MY B DAY PARTY AND EVERYTHING IN BETWEEN
First of all, I need to confess something. My birthday is actually in July. I celebrate in September and that’s because I actually turn my birthday parties into charity events. And no one is in Miami in July, but they are back in September.
Instead of gifts I asked all my guests to donate money to my charity of choice, the Diabetes Research Institute. That night we raised $5,000. Two of my closest friends both lost their fathers to Diabetes
Did you like my version of the “Fashion Show?” At least you could understand me (unlike Merlin and Reco) when I said I looked “so Brad Pitt…” Not so much. It must have been the champagne getting to my head. It was pretty funny that I could think such an absurdity.

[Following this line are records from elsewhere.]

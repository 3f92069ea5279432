-- ===== src/Prisma/InMemory.antt =====
-- Tables as lists, with a number above all that are taken as the new uuid: the assumptions of the
-- client can be met, and the services run on it.
use pr_sentinel_backend.Base.{
  ℕ, suc, ◌+◌, ◌≢◌, ◌<◌, refl, not, List, [], ◌∷◌, ◌++◌, arith, All, keep, map_where,
}
use pr_sentinel_backend.Prisma.{Prisma}
use Prim.Native.String.{◌++◌ as append}

abbrev pub top : List ℕ → ℕ
top [] = 0
top (i ∷ is) = i + top is

abbrev pub next_uuid : List ℕ → ℕ
next_uuid taken = suc (top taken)

pub next_uuid_above : (n : ℕ) (taken : List ℕ) → top taken < n → All (λ i. i ≢ n) taken
next_uuid_above n [] h = tt
next_uuid_above n (i ∷ is) h = (omega arith, next_uuid_above n is (omega arith))

instance abbrev pub in_memory : Prisma
in_memory = record {
  Table = List;
  rows = λ t. t;
  create = λ r t. t ++ r ∷ [];
  update_many = map_where;
  delete_many = λ p t. keep (λ r. not (p r)) t;
  uuid = next_uuid;
  not_unique_message = λ column. append "Unique constraint failed on " column;
  rows-create = λ r t. refl;
  rows-update_many = λ p f t. refl;
  rows-delete_many = λ p t. refl;
  uuid_fresh = λ taken. next_uuid_above (next_uuid taken) taken (omega arith);
}
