-- ===== src/Prisma/Insertion.antt =====
-- An order of rows by insertion, with texts in the order of their lengths: the assumption on
-- `orderBy` can be met.
use Prim.Native.String.{len}
use mathlib.Core.List.{Perm}
use mathlib.Core.List.Perm
use pr_sentinel_backend.Base.{Bool, List, [], ◌∷◌, if◌then◌else◌, leb, Bool-cases, inl, inr}
use pr_sentinel_backend.Prisma.Orders.{Orders}

module _ {Row : Type 0} (precedes : Row → Row → Bool) where
  pub insert : Row → List Row → List Row
  insert x [] = x ∷ []
  insert x (y ∷ ys) = let rest = insert x ys in if precedes x y then x ∷ y ∷ ys else y ∷ rest

  pub insertion_sort : List Row → List Row
  insertion_sort [] = []
  insertion_sort (x ∷ xs) = insert x (insertion_sort xs)

  insert-Perm : (x : Row) (ys : List Row) → Perm (insert x ys) (x ∷ ys)
  unfolding insert
  insert-Perm x [] = Perm.rfl
  insert-Perm x (y ∷ ys) = elim (Bool-cases (precedes x y)) [
    | inl first ↦ rw first Perm.rfl
    | inr later ↦ rw later (Perm.trans (Perm.cons y (insert-Perm x ys)) (Perm.swap x y ys))
  ]

  pub insertion_sort-Perm : (xs : List Row) → Perm (insertion_sort xs) xs
  unfolding insertion_sort
  insertion_sort-Perm [] = Perm.rfl
  insertion_sort-Perm (x ∷ xs) =
      Perm.trans (insert-Perm x (insertion_sort xs)) (Perm.cons x (insertion_sort-Perm xs))

instance pub by_insertion : Orders
by_insertion = record {
  collate = λ s t. leb (len s) (len t);
  order_by = insertion_sort;
  order_by-Perm = insertion_sort-Perm;
}
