-- ===== src/PullRequest/Delivery.antt =====
-- What a delivery does to the pull request that it is about, and that a repeated one does nothing.
use pr_sentinel_backend.Base.{
  ℕ, String, ◌≡◌, refl, inl, inr, true, false, Option, none, some, if◌then◌else◌, ◌==◌, ==_refl,
  str_eq_refl, Bool-cases, Option-cases,
}
use pr_sentinel_backend.Prisma.{Prisma}
use pr_sentinel_backend.Prisma.Keyed.{upsert, upserted, find-upsert}
use pr_sentinel_backend.Schema.{PullRequest}
use pr_sentinel_backend.Database.{Db}
use pr_sentinel_backend.Payloads.{GithubPullRequest, PullRequestTriggerAction}
use pr_sentinel_backend.PullRequest.{
  is_opened, was_delivered, refresh_pull_request, resynchronize, find_by_github_pr_id,
  new_pull_request, upsert_pull_request,
}

module _ ⦃p : Prisma⦄ (now : ℕ) where
  -- What a delivery writes over a known pull request.
  abbrev pub rewrite :
      ℕ → GithubPullRequest → PullRequestTriggerAction → String → PullRequest → PullRequest
  rewrite repository_id pr action delivery_id =
      if is_opened action
      then refresh_pull_request now repository_id pr delivery_id
      else resynchronize now pr delivery_id

  -- The row of the pull request after a new delivery.
  abbrev pub delivered_row :
      ℕ → GithubPullRequest → PullRequestTriggerAction → String → Db → PullRequest
  delivered_row repository_id pr action delivery_id db =
      upserted (find_by_github_pr_id pr.id db)
        (new_pull_request now db repository_id pr delivery_id)
        (rewrite repository_id pr action delivery_id)

  module _ (repository_id : ℕ) (pr : GithubPullRequest) (action : PullRequestTriggerAction)
      (delivery_id : String) (db : Db) where
    abbrev existing : Option PullRequest
    existing = find_by_github_pr_id pr.id db

    rewrite_fixed :
        (r : PullRequest)
        → (rewrite repository_id pr action delivery_id r).github_pr_id ≡ r.github_pr_id
    unfolding refresh_pull_request resynchronize
    rewrite_fixed r = elim (Bool-cases (is_opened action)) [ inl e ↦ rw e refl | inr e ↦ rw e refl ]

    abbrev upsert_all : PullRequest × p.Table PullRequest
    upsert_all =
        upsert (λ r. r.github_pr_id) pr.id (new_pull_request now db repository_id pr delivery_id)
          (rewrite repository_id pr action delivery_id) db.pull_requests

    -- A new delivery returns the written row and the database with it.
    upsert_pull_request-new :
        was_delivered delivery_id existing ≡ false
        → upsert_pull_request now repository_id pr action delivery_id db
          ≡ (some upsert_all.0, record db { pull_requests = upsert_all.1 })
    unfolding upsert_pull_request upsert
    upsert_pull_request-new fresh = elim (Bool-cases (is_opened action)) [
      | inl e ↦ rw (fresh, e) refl
      | inr e ↦ elim (Option-cases existing) [
        | inl missing ↦ rw (fresh, e, missing, upsert) refl
        | inr (r, found) ↦ rw (fresh, e, found, upsert) (rw e refl)
      ]
    ]

    new_id-key : (new_pull_request now db repository_id pr delivery_id).github_pr_id ≡ pr.id
    unfolding new_pull_request
    new_id-key = refl

    -- A delivery that the pull request of the payload has already recorded leaves every pull request
    -- as it was. Any other leaves under its GitHub id the row that the delivery writes: a created
    -- one where there was none, whatever the action is, else the old one with the new data. Every
    -- other pull request stays as it was.
    pub find-upsert_pull_request :
        (j : ℕ)
        → find_by_github_pr_id j (upsert_pull_request now repository_id pr action delivery_id db).1
          ≡ (if was_delivered delivery_id existing
              then find_by_github_pr_id j db
              else if j == pr.id
              then some (delivered_row repository_id pr action delivery_id db)
              else find_by_github_pr_id j db)
    unfolding upsert_pull_request
    find-upsert_pull_request j = elim (Bool-cases (was_delivered delivery_id existing)) [
      | inl old ↦ rw old refl
      | inr fresh ↦
          rw (upsert_pull_request-new fresh, fresh)
            (find-upsert _ pr.id _ rewrite_fixed j
              (new_pull_request now db repository_id pr delivery_id) db.pull_requests new_id-key)
    ]

    delivered_row-was_delivered :
        was_delivered delivery_id (some (delivered_row repository_id pr action delivery_id db))
        ≡ true
    unfolding new_pull_request refresh_pull_request resynchronize
    delivered_row-was_delivered = elim (Option-cases existing) [
      | inl missing ↦ rw missing (str_eq_refl delivery_id)
      | inr (r, found) ↦ elim (Bool-cases (is_opened action)) [
        | inl e ↦ rw (found, e) (str_eq_refl delivery_id)
        | inr e ↦ rw (found, e) (str_eq_refl delivery_id)
      ]
    ]

    -- After a delivery it is recorded.
    pub was_delivered-upsert_pull_request :
        was_delivered delivery_id (
          find_by_github_pr_id pr.id
            (upsert_pull_request now repository_id pr action delivery_id db).1)
        ≡ true
    was_delivered-upsert_pull_request =
        rw (find-upsert_pull_request pr.id)
          (elim (Bool-cases (was_delivered delivery_id existing)) [
            | inl old ↦ rw (old) old
            | inr fresh ↦ rw (fresh, ==_refl pr.id) delivered_row-was_delivered
          ])

  pub upsert_pull_request-old :
      (repository_id : ℕ) (pr : GithubPullRequest) (action : PullRequestTriggerAction)
      (delivery_id : String) (db : Db)
      → was_delivered delivery_id (find_by_github_pr_id pr.id db) ≡ true
      → upsert_pull_request now repository_id pr action delivery_id db ≡ (none, db)
  unfolding upsert_pull_request
  upsert_pull_request-old repository_id pr action delivery_id db old = rw old

  -- Processing is idempotent: after a delivery has been handled, handling it again, with whatever
  -- action and repository the repetition claims, returns null and leaves the database as it is.
  pub upsert_pull_request_again :
      (repository_id other_id : ℕ) (pr : GithubPullRequest)
      (action other_action : PullRequestTriggerAction) (delivery_id : String) (db : Db)
      → upsert_pull_request now other_id pr other_action delivery_id
          (upsert_pull_request now repository_id pr action delivery_id db).1
        ≡ (none, (upsert_pull_request now repository_id pr action delivery_id db).1)
  upsert_pull_request_again repository_id other_id pr action other_action delivery_id db =
      upsert_pull_request-old other_id pr other_action delivery_id
        (upsert_pull_request now repository_id pr action delivery_id db).1
        (was_delivered-upsert_pull_request repository_id pr action delivery_id db)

Speaking of champagne, I’m slightly upset with my parenting skills. I didn’t raise Austin well. He didn’t want a sip of the bubbly.
The outfit I decided for my birthday was Lanvin and those YSL high tops, which I have totally retired. But I did love that big Tom Ford bowtie. It’s bitchy, classic, twisted and relevant.
And what about this line when Katrina asks me about my invite list and defends Ariel saying “we are all made out of the same fabric.” My answer, and I swear this is not a scripted show: “I would be cashmere. Ariel is a poly blend.”
So true, right?
If you are wondering why I was a sweaty mess during the planning of my birthday party it was because it was maybe 99 degrees with 100% humidity. But nothing could have irritated me more than someone suggesting costumes with Afros! Then blinking things? What??? I thought I was in Bar Mitzvah hell planning.
But I don’t want to be a bitch, everyone donated their time for charity. Those girls in those outfits - now they were smoking.
By the way, I am so over disco balls. They are so out and so not chic. What’s in is multi media and I’m really into projections. That’s old too but if you are hip, there are ways to make it way cool and fresh (by the way I am writing a book proposal on ways to make yourself relevant so wish me luck!).
The bday drama I wasn’t into so much. George coming with some other blonde girl, or as he says, “a hotter blond girl?” I mean dude, couldn’t you come alone? Why did you have to pimp out on me and bring that chick Jasmine?
But I will tell you I loved how the show closed. There were the girls, Sorah, Katrina and Maria, gossiping under our breath about George's date while posing for pictures and myself. That was a fun little moment.
Anyway, I loved Maria’s answer about that chick Jasmine regarding how long we might see her: “She’s just a fill in.”
Until then, thanks for all your comments and keep it coming. Have a fun week. Watch lots of re runs. I love doing that.